There are no women. I look around, surprised. There are no women. Haibao is watching me, smiling a little.
"In New York, do you have places like this?"
"I don't know," I say, "I don't know what this place is."
"Jiaqiu," he says.
I don't understand. In Chinese, one word can have many different meanings, 'jia' can mean 'family' or 'home' or it can mean 'beautiful' or 'welcome."Qiu' can mean 'prisoner' or 'ball'. I try sorting through meanings and nothing makes sense. Mandarin is a hell of a language in a lot of ways.
"Which 'jia'?" I ask and he sketches the character on his hand.
"Jiagong de jia," he explains, which doesn't translate into English. 'Jiagong' means to be caught in a surprise attack by one's enemies and closed in, almost squished between.

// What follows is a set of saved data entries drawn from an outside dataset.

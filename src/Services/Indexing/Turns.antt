-- ===== src/Services/Indexing/Turns.antt =====
-- Processing a job changes the queue only by writing the job that it was given, completed or failed.
use rag_anotacoes_sdd.Prelude.{
  ℕ, suc, ◌≡◌, inl, inr, Option, none, some, List, [], ◌∷◌, ◌==◌, Uuid, Instant, Bool-cases, Result,
  ok, err, model_unavailable, value_error, job_not_found,
}
use rag_anotacoes_sdd.Text.{Text}
use rag_anotacoes_sdd.Domain.Notes.{Note}
use rag_anotacoes_sdd.Domain.Chunking.{TextChunk}
use rag_anotacoes_sdd.Domain.Jobs.{IndexingJob, complete, fail_transient, default_maximum_attempts}
use rag_anotacoes_sdd.Persistence.Tables.{NoteRecord, IndexingJobRecord, Vector}
use rag_anotacoes_sdd.Persistence.Inserts.{write_job}
use rag_anotacoes_sdd.Persistence.Transactions.{set_current_user}
use rag_anotacoes_sdd.Persistence.Jobs.{
  add_chunks, chunk_record, delete_chunks, publish, publish_records, fail, fail_record, fail_note,
  is_failed, note_for_job,
}
use rag_anotacoes_sdd.Services.Indexing.{
  Ports, embedding_unavailable, finish, process_note, process,
}
use rag_anotacoes_sdd.Services.Indexing.Changes.{
  changes_rules, Relation, IsPreorder, Changes, Kept, >>=-Changes, pure-Changes, lift-Changes,
  raise-Changes, lift_then-Changes, gets-Changes, insert_chunk-Changes, write_job-Changes,
}

module _ (R : Relation) (order : IsPreorder R) (now : Instant) (job : IndexingJob)
    (completes : (after : IndexingJob) → complete job now ≡ ok after → Kept R after)
    (fails : (code : Text) (after : IndexingJob)
      → fail_transient job code now default_maximum_attempts ≡ ok after
      → Kept R after) where
  add_chunks-Changes :
      (fresh : ℕ → Uuid) (i : ℕ) (model : Text) (cs : List TextChunk) (es : List Vector)
      → Changes R (add_chunks fresh i job model now cs es)
  unfolding add_chunks
  add_chunks-Changes fresh i model [] [] = search changes_rules
  add_chunks-Changes fresh i model (c ∷ cs) (e ∷ es) =
      >>=-Changes R order _ _
        (insert_chunk-Changes R order (chunk_record (fresh i) job c e model now))
        λ _. add_chunks-Changes fresh (suc i) model cs es
  add_chunks-Changes fresh i model [] (e ∷ es) = search changes_rules
  add_chunks-Changes fresh i model (c ∷ cs) [] = search changes_rules

  publish_records-Changes :
      (fresh : ℕ → Uuid) (chunks : List TextChunk) (embeddings : List Vector) (model : Text)
      (note : Option NoteRecord) (row : Option IndexingJobRecord)
      → Changes R (publish_records fresh job chunks embeddings model now note row)
  unfolding delete_chunks
  publish_records-Changes fresh chunks embeddings model none row = search changes_rules
  publish_records-Changes fresh chunks embeddings model (some r) none = search changes_rules
  publish_records-Changes fresh chunks embeddings model (some r) (some row) =
      let ends : (after : IndexingJob) → complete job now ≡ ok after → Changes R (write_job after) =
        λ after e. write_job-Changes R order after (completes after e) in
      search (lift_then-Changes, ends, add_chunks-Changes, changes_rules) depth 10

  fail_note-Changes :
      (code : Text) (note : Option NoteRecord) → Changes R (fail_note job code now note)
  fail_note-Changes code none = search changes_rules
  fail_note-Changes code (some r) = elim (Bool-cases (r.version == job.note_version)) [
    | inl e ↦ rw e (search changes_rules)
    | inr e ↦ rw e (search changes_rules)
  ]

  fail_record-Changes :
      (code : Text) (row : Option IndexingJobRecord) → Changes R (fail_record job code now row)
  fail_record-Changes code none = raise-Changes R order (value_error job_not_found)
  fail_record-Changes code (some row) =
      lift_then-Changes R order (fail_transient job code now default_maximum_attempts) _ λ failed e.
        >>=-Changes R order _ _ (write_job-Changes R order failed (fails code failed e)) λ _.
          >>=-Changes R order _ _
            (elim (Bool-cases (is_failed failed.status)) [
              | inl e' ↦
                  rw e' (gets-Changes R order _ (fail_note job code now) (fail_note-Changes code))
              | inr e' ↦ rw e' (pure-Changes R order tt)
            ])
            λ _. pure-Changes R order failed

  finish-Changes :
      (p : Ports) (chunks : List TextChunk) (r : Result (List Vector))
      → Changes R (finish p now job chunks r)
  unfolding finish publish fail
  finish-Changes p chunks (ok embeddings) =
      search (changes_rules, publish_records-Changes p.fresh chunks embeddings p.embedding_model)
  finish-Changes p chunks (err model_unavailable) =
      search (changes_rules, fail_record-Changes embedding_unavailable)
  finish-Changes p chunks (err e) = lift-Changes R order (err e)

  process_note-Changes :
      (p : Ports) (found : Option Note) → Changes R (process_note p now job found)
  unfolding process_note
  process_note-Changes p none = search changes_rules
  process_note-Changes p (some r) = elim (Bool-cases (r.version == job.note_version)) [
    | inl e ↦ rw e (search (changes_rules, finish-Changes p))
    | inr e ↦ rw e (search changes_rules)
  ]

  -- What the two ways to end the job do to the queue is what processing it does.
  pub process-Changes : (p : Ports) → Changes R (process p now job)
  unfolding process note_for_job set_current_user
  process-Changes p = record {
    run = λ db h. (process_note-Changes p _).run (record db { current_user = some job.user_id }) h;
  }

"The jia of jiazi?" I ask. 'Jiazi' means clothespin, which in Chinese is called a 'press-pin'.
"Dui," he says. Right.
"Janqiu de qiu?" I ask. 'Qiu' meaning 'ball' as in basketball? 'Press-ball' or 'Squeeze-ball'? What the hell is 'Squeeze-ball'?
He nods.
"I don't think we have that," I say.
"You'll like it," he assures me.
I am not so certain. But Haibao brightens up, he actually looks at Liu Wen when Liu Wen hands him a tiny glass containing mao-tai.
"Let's play," Liu Wen says.
We find a table with only three men around it. They don't glance up. The tabletop is featureless, a golden glow illuminating our faces like heat from a fire. Liu Wen picks up a contact and grins at me with gold teeth before jacking in. The three men shift slightly as if someone had stepped up beside them. Liu Wen seems engrossed in the glow. Haibao jacks in and the four-Liu Wen included-absently shift again.
I study the glow for clues.
Whatever is happening, it's not visible. I jack in.
The table is still there, but I have an overlay, I am in a circle with five others. It's a little like contact when making a call, that instant before sound cuts in; I don't see them but they are there. I try to see them and I can-five men around a glowing table-but then I almost lose the sense of contact.
I am a boundary, I am part of the golden glow. And there are balls in the glow; a golden ball (almost invisible), two silver balls, a black lacquer ball and a red lacquer ball. I find the red lacquer ball attractive. I reach out to touch it, it is not so different from working power tools, and it gently squiggles away from my touch.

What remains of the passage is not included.